- Fan Shamali Location in Syria
- Coordinates: 35°18′38″N 36°55′05″E﻿ / ﻿35.310433°N 36.918011°E
- Country: Syria
- Governorate: Hama
- District: Hama
- Subdistrict: Suran

Population (2004)
- • Total: 1,877
- Time zone: UTC+3 (AST)

= Fan Shamali =

Fan Shamali (فان شمالي, also spelled al-Fan Ashamali or Fan esh-Shemali) is a village in northern Syria, administratively part of the Hama Governorate, located northeast of Hama. Nearby localities include Suran and Kawkab to the west, Ma'an to the northwest, Atshan to the north, Qasr Abu Samrah to the northeast, al-Hamraa to the east, Sabburah to the southeast, Fan Qibli and Zighrin to the south and Maar Shahur to the southwest. According to the Syria Central Bureau of Statistics, Fan Shamali had a population of 1,877 in the 2004 census. Its inhabitants are predominantly Sunni Muslims, although most of the surrounding villages and hamlets are inhabited by Alawites.

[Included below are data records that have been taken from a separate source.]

-- ===== src/Semaphore/Arriving.antt =====
-- src/semaphore.rs: how a thread in `wait` takes a permit.
use atomics_for_peace_and_sy.Base.{Bool-cases, ℕ, ◌+◌, ◌-◌, ◌<◌, ◌≡◌, inl, inr, arith, ◌==◌}
use atomics_for_peace_and_sy.Threads.{System}
use atomics_for_peace_and_sy.Futex.{AtomicWait, silent}
use atomics_for_peace_and_sy.Futex.Possible.{Possible, now, reach, act}
use atomics_for_peace_and_sy.Semaphore.{
  Semaphore, Next, u32_mod, Pc, outside, waited, announce, load_count, wait_call, sleeping,
  exchange, retire, Thread, Choice, proceed, step, step_at, program,
}
use atomics_for_peace_and_sy.Semaphore.Inv.{sleepers, Inv}
use atomics_for_peace_and_sy.Semaphore.Moves.{step-Inv}

-- The thread is in `wait`.
abbrev pub Inside : Thread → Type 0
Inside t = elim t.at [
  | announce ↦ Unit
  | load_count ↦ Unit
  | wait_call ↦ Unit
  | sleeping ↦ Unit
  | exchange count ↦ Unit
  | retire ↦ Unit
  | _ ↦ ⊥
]

-- Thread `i` has returned from `wait`.
abbrev pub Returned : ℕ → System Semaphore Thread → Type 0
Returned i s = (s.pc i).at ≡ outside waited

module _ (futex : AtomicWait) {n initial : ℕ} (few : n < u32_mod) (i : ℕ) (lt : i < n) where
  -- one step of thread `j`, which is awake
  pub move :
      (s : System Semaphore Thread) (j : ℕ) (c : Choice) (x : Next)
      → Inv n initial s.mem s.pc
      → j < n
      → sleepers (s.pc j) ≡ 0
      → step futex j c s.mem (s.pc j) ≡ x
      → let s' = reach futex (program futex) n s j x in
        (Inv n initial s'.mem s'.pc → Possible futex (program futex) n (Returned i) s')
        → Possible futex (program futex) n (Returned i) s
  move s j c x inv lj awake e go =
      act futex (program futex) n (λ s. Inv n initial s.mem s.pc) (Returned i)
        (λ s i c k lt inv. step-Inv futex few s i c k lt inv) s j c x inv lj
        (λ a. ground (arith, awake)) e go

  arrive_retire :
      (s : System Semaphore Thread)
      → Inv n initial s.mem s.pc
      → (s.pc i).at ≡ retire
      → Possible futex (program futex) n (Returned i) s
  unfolding step step_at
  arrive_retire s inv e =
      move s i proceed (step_at futex proceed s.mem (s.pc i) retire) inv lt (ground arith)
        (ground arith) (λ inv'. now (ground arith))

  arrive_exchange :
      (s : System Semaphore Thread)
      → Inv n initial s.mem s.pc
      → 0 < s.mem.count
      → (s.pc i).at ≡ exchange s.mem.count
      → Possible futex (program futex) n (Returned i) s
  unfolding step step_at
  arrive_exchange s inv pos e =
      move s i proceed
        (
          record s.mem { count = s.mem.count - 1 },
          record (s.pc i) { taken = (s.pc i).taken + 1; at = retire },
          silent,
        )
        inv lt (ground arith) (ground arith) (λ inv'. arrive_retire _ inv' (ground arith))

  arrive_load :
      (s : System Semaphore Thread)
      → Inv n initial s.mem s.pc
      → 0 < s.mem.count
      → (s.pc i).at ≡ load_count
      → Possible futex (program futex) n (Returned i) s
  unfolding step step_at
  arrive_load s inv pos e =
      move s i proceed (s.mem, record (s.pc i) { at = exchange s.mem.count }, silent) inv lt
        (ground arith) (ground arith) (λ inv'. arrive_exchange _ inv' pos (ground arith))

  -- A thread in `wait` that is awake beside a permit, and is not disturbed, takes it and returns.
  pub arrive :
      (s : System Semaphore Thread)
      → Inv n initial s.mem s.pc
      → 0 < s.mem.count
      → (p : Pc) → (s.pc i).at ≡ p
      → Inside (s.pc i)
      → sleepers (s.pc i) ≡ 0
      → Possible futex (program futex) n (Returned i) s
  unfolding step step_at
  arrive s inv pos announce e inside awake =
      move s i proceed (step_at futex proceed s.mem (s.pc i) announce) inv lt awake (ground arith)
        (λ inv'. arrive_load _ inv' pos (ground arith))
  arrive s inv pos load_count e inside awake = arrive_load s inv pos e
  arrive s inv pos wait_call e inside awake =
      move s i proceed (s.mem, record (s.pc i) { at = load_count }, silent) inv lt awake
        (ground (arith, futex.blocks_iff s.mem.count 0))
        (λ inv'. arrive_load _ inv' pos (ground arith))
  arrive s inv pos (exchange count) e inside awake = elim (Bool-cases (s.mem.count == count)) [
    | inl fresh ↦ arrive_exchange s inv pos (ground arith)
    | inr stale ↦
        move s i proceed (s.mem, record (s.pc i) { at = load_count }, silent) inv lt awake
          (ground arith) (λ inv'. arrive_load _ inv' pos (ground arith))
  ]
  arrive s inv pos retire e inside awake = arrive_retire s inv e
  arrive s inv pos p e inside awake = absurd (ground arith)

Fan Shamali contains the ruins of a Byzantine tower dating back to 576 CE.

In early September 2012, during the Syrian civil war, opposition activists reported that a "massacre" occurred in Fan al-Shamali committed by local members of the Shabiha, a pro-government militia. According to activists, at least 30 residents were killed, including women and children.